离开冰风镇废墟的第三天,塔格口中的“猎人小径”早已被今冬异常凶猛的风雪掩埋得面目全非。所谓的“路”,不过是凭借猎人对山脉骨骼的记忆,在无尽的灰白与嶙峋黑岩间,硬生生蹚出的蜿蜒痕迹。每一步,小腿都没入及膝深的雪粉,拔出时带起刺骨的寒气和冰碴。狂风卷着雪粒,横着抽打在脸上,视野被压缩成眼前几米模糊晃动的背影,以及天地间一片狂暴的、单调的嚎叫。

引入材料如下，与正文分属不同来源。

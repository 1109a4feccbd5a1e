-- ===== src/ChatOutbox/Flush/Tests.antt =====
-- An example of a flush: a purge of everything comes while the first message is sent.
use etkin_link.Base.{Bool, true, [], ◌∷◌, none, some}
use etkin_link.Int.{pos}
use etkin_link.Effect.Protocol.{Follows}
use etkin_link.ChatOutbox.Message.{OutboxMessage, serialize}
use etkin_link.ChatOutbox.Message.Examples.{phone, greeting, answer}
use etkin_link.ChatOutbox.Storage.{Storage, Slots, slot, put}
use etkin_link.ChatOutbox.Flush.{
  App, same_generations, generation_of, count_purge, count_purge_of_all, flush_all_outbox,
}
use etkin_link.ChatOutbox.Flush.Purges.{seen_by, purges-seen}
use etkin_link.Text.{str_eq}
use etkin_link.Base.{◌≡◌, ◌+◌, false, if◌then◌else◌}
use etkin_link.ChatOutbox.Flush.Protocol.{beginning, observe, Allowed, flush_all_outbox-Follows}

abbrev drawer : Storage Slots
drawer = record {
  get = λ k s. (some (slot k s), s);
  set = λ k text s. (true, put k (some text) s);
  remove = λ k s. (true, put k none s);
  now = λ s. (pos 1000, s);
}

-- Sending works, and a purge is counted meanwhile.
abbrev once : OutboxMessage → App Slots → Bool × App Slots
once m v = (true, record v { memory = record v.memory { all_purge_generation = 1 } })

abbrev full : App Slots
full = record {
  world = record {
    main_text = some (serialize phone (greeting ∷ answer ∷ []));
    backup_text = none;
  };
  memory = record { owner_purge_generations = []; all_purge_generation = 0; active_flushes = [] };
}

flush_all_outbox-Follows_example :
    Follows
      (Allowed greeting.owner_id)
      (observe phone)
      (beginning none none)
      (flush_all_outbox drawer phone once greeting.owner_id full).1
flush_all_outbox-Follows_example = flush_all_outbox-Follows drawer phone once greeting.owner_id full

purges-seen_example :
    (same_generations
        (seen_by greeting.owner_id full.memory)
        (seen_by greeting.owner_id (count_purge drawer phone once greeting.owner_id full.memory))
      ≡ false)
    × (same_generations (seen_by greeting.context_id full.memory) (
          seen_by greeting.context_id
            (count_purge_of_all drawer phone once greeting.owner_id full.memory))
        ≡ false)
    × (seen_by greeting.context_id (count_purge drawer phone once greeting.owner_id full.memory) ≡ (
      (if str_eq greeting.owner_id greeting.context_id
          then generation_of greeting.owner_id [] + 1
          else generation_of greeting.context_id []),
      0,
    ))
purges-seen_example =
    purges-seen drawer phone once greeting.owner_id greeting.context_id full.memory
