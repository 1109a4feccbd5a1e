-- ===== src/ChatOutbox/Message/Tests.antt =====
-- Examples of the messages of the outbox.
use etkin_link.Base.{◌≡◌, [], ◌∷◌, some}
use etkin_link.Int.{pos}
use etkin_link.ChatOutbox.Message.{parse_messages, serialize, fit_storage_limit}
use etkin_link.ChatOutbox.Message.Laws.{
  IsStorable, Fits, parse_messages-IsStorable, parse_messages-serialize, fit_storage_limit-Fits,
}
use etkin_link.ChatOutbox.Message.Examples.{phone, phone-IsJson, greeting, answer, both-IsStorable}

parse_messages-serialize_example :
    parse_messages phone (pos 1000) (some (serialize phone (greeting ∷ answer ∷ [])))
    ≡ some (greeting ∷ answer ∷ [])
parse_messages-serialize_example =
    parse_messages-serialize phone phone-IsJson (pos 1000) (greeting ∷ answer ∷ []) both-IsStorable

parse_messages-IsStorable_example : IsStorable phone (pos 1000) (greeting ∷ answer ∷ [])
parse_messages-IsStorable_example =
    parse_messages-IsStorable phone (pos 1000) (some (serialize phone (greeting ∷ answer ∷ [])))
      (greeting ∷ answer ∷ [])
      (parse_messages-serialize phone phone-IsJson (pos 1000) (greeting ∷ answer ∷ [])
        both-IsStorable)

fit_storage_limit-Fits_example :
    Fits phone (greeting ∷ answer ∷ []) (fit_storage_limit phone (greeting ∷ answer ∷ []))
fit_storage_limit-Fits_example = fit_storage_limit-Fits phone (greeting ∷ answer ∷ [])
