-- ===== src/ChatOutbox/Operations/Missing.antt =====
-- A main entry that is missing: `readAllUnlocked` of mobile/src/shared/lib/chatOutbox.ts.
use etkin_link.Base.{◌≡◌, refl, ◌∙◌, List, [], Option, none, some}
use etkin_link.Int.{ℤ}
use etkin_link.Text.{Str}
use etkin_link.Effect.Hoare.{Hoare, Hoare-pure, Hoare-bind, Hoare-fact}
use etkin_link.ChatOutbox.Message.{OutboxMessage, Device, parse_messages}
use etkin_link.ChatOutbox.Message.Laws.{parse_messages-none}
use etkin_link.ChatOutbox.Storage.{
  main, Storage, Slots, IsKeychain, read_item-Rule, read_clock-Rule,
}
use etkin_link.ChatOutbox.Operations.{differs, parse_now, rewrite_if, use_main, read_all_unlocked}

module _ {W : Type 0} {storage : Storage W} {slots : W → Slots} {T : ℤ → Type 0}
    (keychain : IsKeychain storage slots T) (device : Device) (kept : Option Str) where
  abbrev OnlyBackup : Slots → Type 0
  OnlyBackup s = (s.main_text ≡ none) × (s.backup_text ≡ kept)

  use_main-none :
      (raw : Option Str) (parsed : Option (List OutboxMessage))
      → raw ≡ none
      → parsed ≡ some []
      → Hoare slots
          (λ s. OnlyBackup s)
          (λ r s. (r ≡ []) × OnlyBackup s)
          (λ _ s. OnlyBackup s)
          (use_main storage device raw parsed)
  unfolding use_main rewrite_if differs
  use_main-none raw parsed e1 e2 =
      rw (e1, e2)
        (Hoare-bind (λ _ s. OnlyBackup s) _ _ (Hoare-pure tt (λ s h. h))
          (λ _. Hoare-pure [] (λ s h. (refl, h))))

  -- If the main entry is missing, reading finds no messages and leaves both entries as they are,
  -- whatever the backup has, also where a rejected call stops it.
  pub read_all_unlocked-missing :
      Hoare slots
        (λ s. (s.main_text ≡ none) × (s.backup_text ≡ kept))
        (λ r s. (r ≡ []) × ((s.main_text ≡ none) × (s.backup_text ≡ kept)))
        (λ _ s. (s.main_text ≡ none) × (s.backup_text ≡ kept))
        (read_all_unlocked storage device)
  unfolding read_all_unlocked parse_now
  read_all_unlocked-missing =
      Hoare-bind (λ raw s. (raw ≡ s.main_text) × OnlyBackup s) _ _
        (read_item-Rule keychain main (λ s p. p))
        (λ raw.
          Hoare-bind (λ parsed s. ((raw ≡ none) × (parsed ≡ some [])) × OnlyBackup s) _ _
            (Hoare-bind _ _ _ (read_clock-Rule keychain) (λ now.
              Hoare-pure (parse_messages device now raw) (λ s p.
                ((p.1.0 ∙ p.1.1.0, rw (p.1.0 ∙ p.1.1.0) (parse_messages-none device now)), p.1.1))))
            (λ parsed. Hoare-fact _ _ (λ f. use_main-none raw parsed f.0 f.1)))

陈维被巴顿用找到的破烂皮革和绳索牢牢捆在背上。矮人走得很稳,但每一步的颠簸,依旧像钝锤敲打着陈维支离破碎的意识。寒冷已经不再是感觉,而是一种状态,一种从骨髓深处弥漫出来的、静止的僵化。他大部分时间陷入一种半昏沉的游离,仿佛灵魂的一部分已经提前飘散在这风雪里,只剩下一点微弱的、断续的知觉,像风中残烛般明灭。
他能感觉到巴顿后背传来的、透过厚重皮袄仍显灼热的体温,那是生命力的象征,如此鲜明,反而衬托得他自己像一块正在逐渐冷却的石头。他能偶尔听见狂风嘶吼的间隙,艾琳压抑不住的、短促的咳嗽声,还有塔格在前方用骨匕敲击冰面探路的笃笃声,赫伯特粗重如风箱的喘息。声音忽远忽近,隔着一层毛玻璃。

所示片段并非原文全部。